J.A. había mirado atrás instantes antes de salir del hospital. No había podido resistir la tentación y sabía lo que eso significaba. El mínimo instante que tardó en voltear la cabeza pareció durarle una eternidad. El corazón le dio un vuelco cuando fue consciente de ello, pero ya era tarde. Por suerte para él, ahí no había nadie. Absolutamente nadie. Ni siquiera los monstruos que les habían perseguido estaban ya en aquel lugar. Y una sensación de absoluta y terrorífica soledad se adueñó de él. En un abrir y cerrar de ojos se había visto atormentado por una montaña de recuerdos maravillosos, rodeado de gente que le quería. Familia y amigos a los que había dado de lado.

Se quedó paralizado, mirando las entrañas oscuras del hospital, deseando que las bestias del vacío saltasen sobre él para acabar con esa agonía. Notó en su mano algo frío, distante y a la vez sudoroso. Alzó el brazo y bajó la mirada. Era todo lo que le quedaba: Su inseparable pistola. El corazón se le hizo trizas. Toda su vida, todo lo que había tenido, todo ese amor, había quedado reducido a un arma. Sintió que era inevitable, que debía formar parte para siempre de ese vacío.

Y alzó la pistola un poco más.

Hasta su sien.

Y cerró los ojos.

El dedo índice le temblaba al acariciar el gatillo. El cañón estaba helado. Fue solo un instante, un suspiro, y J.A. cayó al suelo. De rodillas. Envuelto en el más angustioso de los silencios. Rompió a llorar lanzando un grito lastimero, y desprovisto de toda esperanza, dejó caer el arma al suelo.

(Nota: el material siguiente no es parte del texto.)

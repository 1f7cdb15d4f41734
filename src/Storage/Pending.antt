-- ===== src/Storage/Pending.antt =====
-- A reading that waits to be sent, through the operations of src/storage/database.py.
use wqm.Prelude.{
  ℕ, suc, ◌≡◌, ◌≤◌, inl, inr, refl, sym, ap, ◌∙◌, leb, ltb, ◌==◌, Bool, true, false, not, ◌&&◌,
  ◌||◌, List, [], ◌∷◌, ◌++◌, arith, keep, contains, length, map, Bool-cases, ==_iff,
}
use wqm.Storage.{
  SyncState, Row, Database, waits, is_resolved, ids, mark, bump, delete_oldest, rotate_resolved,
  rotate_waiting, rotate, by_time,
}
use wqm.Storage.Ids.{Ascending, absent_below, contains-by_time, contains-take, contains-keep}
use wqm.Storage.Sound.{IsSound}

-- A listed number is not one that is not listed.
unlisted : (m n : ℕ) (ms : List ℕ) → contains m ms ≡ true → contains n ms ≡ false → (m == n) ≡ false
unlisted m n ms h k = elim (Bool-cases (m == n)) [
  | inl e ↦
      absurd
        (let same : true ≡ false = sym h ∙ (ap (λ i. contains i ms) ((==_iff m n).0 e) ∙ k) in cc)
  | inr e ↦ e
]

module _ {ℓ} {V : Type ℓ} where
  -- A row with that id waits.
  abbrev pub has_pending : ℕ → List (Row V) → Bool
  has_pending n [] = false
  has_pending n (r ∷ rs) = (r.id == n && waits r) || has_pending n rs

  pub has_pending-append :
      (n : ℕ) (rs ss : List (Row V))
      → has_pending n (rs ++ ss) ≡ has_pending n rs || has_pending n ss
  has_pending-append n [] ss = refl
  has_pending-append n (r ∷ rs) ss = ground (arith, has_pending-append n rs ss)

  pub has_pending-mark :
      (n : ℕ) (state : SyncState) (marked : List ℕ) (rs : List (Row V))
      → contains n marked ≡ false
      → has_pending n (map (mark state marked) rs) ≡ has_pending n rs
  unfolding mark
  has_pending-mark n state marked [] h = refl
  has_pending-mark n state marked (r ∷ rs) h = elim (Bool-cases (contains r.id marked)) [
    | inl e ↦ rw (e, unlisted r.id n marked e h) (has_pending-mark n state marked rs h)
    | inr e ↦ rw (e, has_pending-mark n state marked rs h) refl
  ]

  has_pending-contains :
      (n : ℕ) (rs : List (Row V)) → contains n (ids rs) ≡ false → has_pending n rs ≡ false
  unfolding contains
  has_pending-contains n [] h = refl
  has_pending-contains n (r ∷ rs) h = ground (arith, has_pending-contains n rs)

  later_apart :
      (n low high : ℕ) (rs : List (Row V))
      → Ascending low high rs
      → has_pending n rs ≡ true
      → low ≤ n
  later_apart n low high rs a h = elim (Bool-cases (ltb n low)) [
    | inl e ↦ absurd (
        let none_waits =
          has_pending-contains n rs (absent_below n low high rs (ground (arith, e)) a) in
        cc)
    | inr e ↦ ground (arith, e)
  ]

  -- No resolved row has the id of a row that waits.
  unresolved :
      (n low high : ℕ) (rs : List (Row V))
      → Ascending low high rs
      → has_pending n rs ≡ true
      → contains n (ids (keep is_resolved rs)) ≡ false
  unfolding keep contains
  unresolved n low high [] a h = refl
  unresolved n low high (r ∷ rs) (first, rest) h = elim (Bool-cases (waits r)) [
    | inr e ↦
        let there : has_pending n rs ≡ true = ground (arith, h, e) in
        let above = later_apart n (suc r.id) high rs rest there in
        rw e (ground (arith, above, unresolved n (suc r.id) high rs rest there))
    | inl e ↦ rw e (elim (Bool-cases (r.id == n)) [
      | inl f ↦
          contains-keep n is_resolved rs
            (absent_below n (suc r.id) high rs (ground (arith, f)) rest)
      | inr f ↦ unresolved n (suc r.id) high rs rest (ground (arith, h, f))
    ])
  ]

  has_pending-keep :
      (n : ℕ) (chosen : List ℕ) (rs : List (Row V))
      → contains n chosen ≡ false
      → has_pending n (keep (λ r. not (contains r.id chosen)) rs) ≡ has_pending n rs
  unfolding keep
  has_pending-keep n chosen [] h = refl
  has_pending-keep n chosen (r ∷ rs) h = elim (Bool-cases (contains r.id chosen)) [
    | inl e ↦ rw (e, unlisted r.id n chosen e h) (has_pending-keep n chosen rs h)
    | inr e ↦ rw (e, has_pending-keep n chosen rs h) refl
  ]

  pub has_pending-bump :
      (n : ℕ) (bumped : List ℕ) (rs : List (Row V))
      → has_pending n (map (bump bumped) rs) ≡ has_pending n rs
  unfolding bump
  has_pending-bump n bumped [] = refl
  has_pending-bump n bumped (r ∷ rs) = rw (has_pending-bump n bumped rs) refl

  rotate_resolved-keeps :
      (n max_rows : ℕ) (db : Database V)
      → IsSound db
      → has_pending n db.rows ≡ true
      → has_pending n (rotate_resolved max_rows db).rows ≡ true
  unfolding rotate_resolved delete_oldest
  rotate_resolved-keeps n max_rows db s h =
      has_pending-keep n _ db.rows (
        contains-take n _ (by_time (keep is_resolved db.rows)) (
          contains-by_time n (keep is_resolved db.rows)
          ∙ unresolved n 1 db.next_id db.rows s.ascending h))
      ∙ h

  -- Rotation drops no reading that waits, unless the cloud is off.
  pub rotate-keeps :
      (n max_rows : ℕ) (db : Database V)
      → IsSound db
      → db.rotate_pending ≡ false
      → has_pending n db.rows ≡ true
      → has_pending n (rotate max_rows db).1.rows ≡ true
  unfolding rotate rotate_waiting rotate_resolved
  rotate-keeps n max_rows db s on h = elim (Bool-cases (leb (length db.rows) max_rows)) [
    | inl e ↦ rw e h
    | inr e ↦ rw (e, on) (rotate_resolved-keeps n max_rows db s h)
  ]
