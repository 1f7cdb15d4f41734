-- ===== src/Cloud/Sync.antt =====
-- `sync_readings` of src/cloud/client.py over the buffer: the rows that it takes, and what it does with
-- the server's answer. Other threads may use the buffer between the two.
use wqm.Prelude.{
  ℕ, Bool, true, false, not, ◌&&◌, ◌||◌, ◌==◌, Option, none, some, List, [], ◌∷◌, ◌++◌, length,
  get_elem?, contains, if◌then◌else◌,
}
use wqm.Prelude.Int.{ℤ, pos, negsuc}
use wqm.Storage.{
  Row, Database, ids, insert_reading, get_unsynced, mark_synced, mark_failed_permanent,
  bump_sync_attempts, rotate,
}

-- An entry of the server's results: its index, whether its status is "stored", whether it has an error.
pub record Entry : Type 0 where
  pub index : ℤ
  pub is_stored : Bool
  pub has_error : Bool

-- The answer to a batch: a status other than 200, or one of 200 with the results, which are none where
-- they are no list of dicts with an index each, or an empty one.
pub data Reply : Type 0 where
  declined : Reply
  accepted : Option (List Entry) → Reply

module _ {ℓ} {V : Type ℓ} where
  unfoldable pub row_at : ℤ → List (Row V) → Option (Row V)
  row_at (pos i) rows = get_elem? rows i
  row_at (negsuc i) rows = none

  abbrev pub id_if : Bool → Option (Row V) → List ℕ
  id_if b none = []
  id_if false (some r) = []
  id_if true (some r) = r.id ∷ []

  -- The ids that the entries say are stored, and those that they refuse.
  unfoldable pub stored_ids : List Entry → List (Row V) → List ℕ
  stored_ids [] rows = []
  stored_ids (e ∷ es) rows = id_if e.is_stored (row_at e.index rows) ++ stored_ids es rows

  unfoldable pub failed_ids : List Entry → List (Row V) → List ℕ
  failed_ids [] rows = []
  failed_ids (e ∷ es) rows =
      id_if (not e.is_stored && e.has_error) (row_at e.index rows) ++ failed_ids es rows

  -- The number of readings that are confirmed, with the buffer.
  unfoldable pub settle : Reply → List (Row V) → Database V → ℕ × Database V
  settle declined rows db = (0, bump_sync_attempts (ids rows) db)
  settle (accepted none) rows db = (length rows, mark_synced (ids rows) db)
  settle (accepted (some es)) rows db = (
    length (stored_ids es rows),
    mark_failed_permanent (failed_ids es rows) (mark_synced (stored_ids es rows) db),
  )

  abbrev is_empty : List (Row V) → Bool
  is_empty [] = true
  is_empty (r ∷ rs) = false

  unfoldable pub sync_readings : ℕ → Reply → Database V → ℕ × Database V
  sync_readings batch_size reply db =
      let rows = get_unsynced batch_size db in
      if is_empty rows then (0, db) else settle reply rows db

-- What the threads do with the buffer. The client sends a batch, and later has the answer to it.
pub data Event {ℓ} (V : Type ℓ) : Type ℓ where
  inserts : ℕ → V → Event V
  rotates : ℕ → Event V
  sends : ℕ → Event V
  hears : Reply → Event V

-- The buffer, with the batch that is under way.
pub record Uplink {ℓ} (V : Type ℓ) : Type ℓ where
  pub db : Database V
  pub batch : List (Row V)

module _ {ℓ} {V : Type ℓ} where
  unfoldable pub happen : Event V → Uplink V → Uplink V
  happen (inserts timestamp reading) u = record u { db = (insert_reading timestamp reading u.db).1 }
  happen (rotates max_rows) u = record u { db = (rotate max_rows u.db).1 }
  happen (sends batch_size) u = record u { batch = get_unsynced batch_size u.db }
  happen (hears reply) u = record { db = (settle reply u.batch u.db).1; batch = [] }

  unfoldable pub happen_all : List (Event V) → Uplink V → Uplink V
  happen_all [] u = u
  happen_all (event ∷ events) u = happen_all events (happen event u)

  abbrev pub is_of : ℕ → Option (Row V) → Bool
  is_of n none = false
  is_of n (some r) = r.id == n

  -- The entry stands for the row with the id, and says that it is stored or has an error.
  abbrev pub speaks_of : ℕ → List (Row V) → Entry → Bool
  speaks_of n rows e = (e.is_stored || e.has_error) && is_of n (row_at e.index rows)

  unfoldable pub some_speaks_of : ℕ → List (Row V) → List Entry → Bool
  some_speaks_of n rows [] = false
  some_speaks_of n rows (e ∷ es) = speaks_of n rows e || some_speaks_of n rows es

  -- Whether a reply to a batch decides on the reading with the id.
  unfoldable pub decides : ℕ → Reply → List (Row V) → Bool
  decides n declined rows = false
  decides n (accepted none) rows = contains n (ids rows)
  decides n (accepted (some es)) rows = some_speaks_of n rows es

  unfoldable pub decided_in : ℕ → Event V → Uplink V → Bool
  decided_in n (inserts timestamp reading) u = false
  decided_in n (rotates max_rows) u = false
  decided_in n (sends batch_size) u = false
  decided_in n (hears reply) u = decides n reply u.batch

  -- Some answer of the events decides on it, about the batch that is then under way.
  unfoldable pub decided_by : ℕ → List (Event V) → Uplink V → Bool
  decided_by n [] u = false
  decided_by n (event ∷ events) u = decided_in n event u || decided_by n events (happen event u)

Rocío miró a su alrededor una vez más. Le dolía todo y sentía que la cabeza le iba a estallar. Sin saber bien qué hacer, decidió que lo mejor era, efectivamente, dirigirse al hospital. Cuando se encontraba a apenas cuatro metros, las puertas se abrieron. Era J.A. Rocío gritó de alegría, y como pudo fue hacia él. Le abrazó, y por primera vez, su compañero se dejó abrazar.

—Me tenías preocupada. ¿Estás bien? ¿Estás herido? Pensaba que ibas justo detrás, ¿por qué has tardado tanto?

—Estaba detrás de ti. Apenas he tardado un minuto más, o dos.

—¿Estás de coña? Llevo buscándote lo menos diez minutos —J.A. miró al cielo y luego a su alrededor—. ¿Estás bien? Tienes los ojos rojos.

—¿Qué coño está pasando? ¿Qué narices eran esas cosas?—Preguntó.

Dio media vuelta y se asomó al hospital. Estaba lleno de gente. No salía de su asombro: Apenas unos segundos atrás estaban solo ellos dos.

—Esto no está bien —susurró mirando a su alrededor— ¿Qué hora tienes, Rocío?

—Ya me he dado cuenta. Pasadas las seis —J.A. consultó su reloj:

—Casi y cuarto tengo yo.

—Pero parece mediodía. —Ambos se miraron.

J.A. detuvo a la primera persona que pasó cerca de ellos, una señora de unos sesenta años.

—Disculpe, ¿qué día es hoy?

—Siete de diciembre.

—¿Está segura? —preguntó J.A.

—Claro que sí. Hoy es cuando tengo cita con el oftalmólogo.

La señora se marchó extrañada ante semejante pregunta. Rocío y J.A. se miraron boquiabiertos. No podía ser. Habían ido a ver a Álvaro en la madrugada del cuatro de diciembre y sin embargo ahora era de día, hacía un día espléndido, y lo que era peor: Si esa mujer decía la verdad, significaba que de algún modo habían viajado en el tiempo.